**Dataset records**
- - - - - - -

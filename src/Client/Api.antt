-- ===== src/Client/Api.antt =====
-- The calls of the application that change the connection: `Connect`, `Disconnect` and `Close`, and
-- what it reads of the registry of subscriptions.
use centrifuge_go.Prelude.{ℕ, String, Option, none, some, string_key, if◌then◌else◌, lookup, true}
use centrifuge_go.Errors.{GoError, client_closed}
use centrifuge_go.Codes.{disconnected_disconnect_called}
use centrifuge_go.Calls.{Context}
use centrifuge_go.State.{Client, Env, is_closed, stop}
use centrifuge_go.World.{World, in_client}
use centrifuge_go.Client.Transitions.{move_to_disconnected, move_to_closed}
use centrifuge_go.Client.Connect.{Attempt, start_connecting, start_reconnecting_if}

-- `Connect`.
unfoldable pub connect : Env → Context → Attempt → (World → World) → World → World × Option GoError
connect env ctx a meanwhile w = start_connecting env ctx a meanwhile w

-- `startReconnecting`.
unfoldable pub start_reconnecting : Env → Context → Attempt → World → World
start_reconnecting env ctx a w = start_reconnecting_if env ctx a (λ c. true) w

-- The function of the reconnect timer, which is not armed any more.
unfoldable pub reconnect_timer_fired : Env → Context → Attempt → World → World
reconnect_timer_fired env ctx a w =
    start_reconnecting env ctx a
      (in_client (λ c. record c { reconnect_timer = stop c.reconnect_timer }) w)

-- `Disconnect`.
unfoldable pub disconnect : Env → Context → World → World × Option GoError
disconnect env ctx w =
    if is_closed w.client.state
    then (w, some client_closed)
    else (move_to_disconnected env ctx disconnected_disconnect_called "disconnect called" w, none)

-- `Close`.
unfoldable pub close : Env → Context → (World → World) → World → World
close env ctx meanwhile w =
    if is_closed w.client.state then w else move_to_closed env ctx meanwhile w

-- `GetSubscription`.
unfoldable pub get_subscription : String → Client → Option ℕ
get_subscription channel c = lookup channel c.subs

- - - - - - -

**WHAT YOU WILL DO**
Scan the preceding records line by line, and state how many lines contain "none". Nothing else belongs in the answer.

**COMPLETED EXERCISE**
2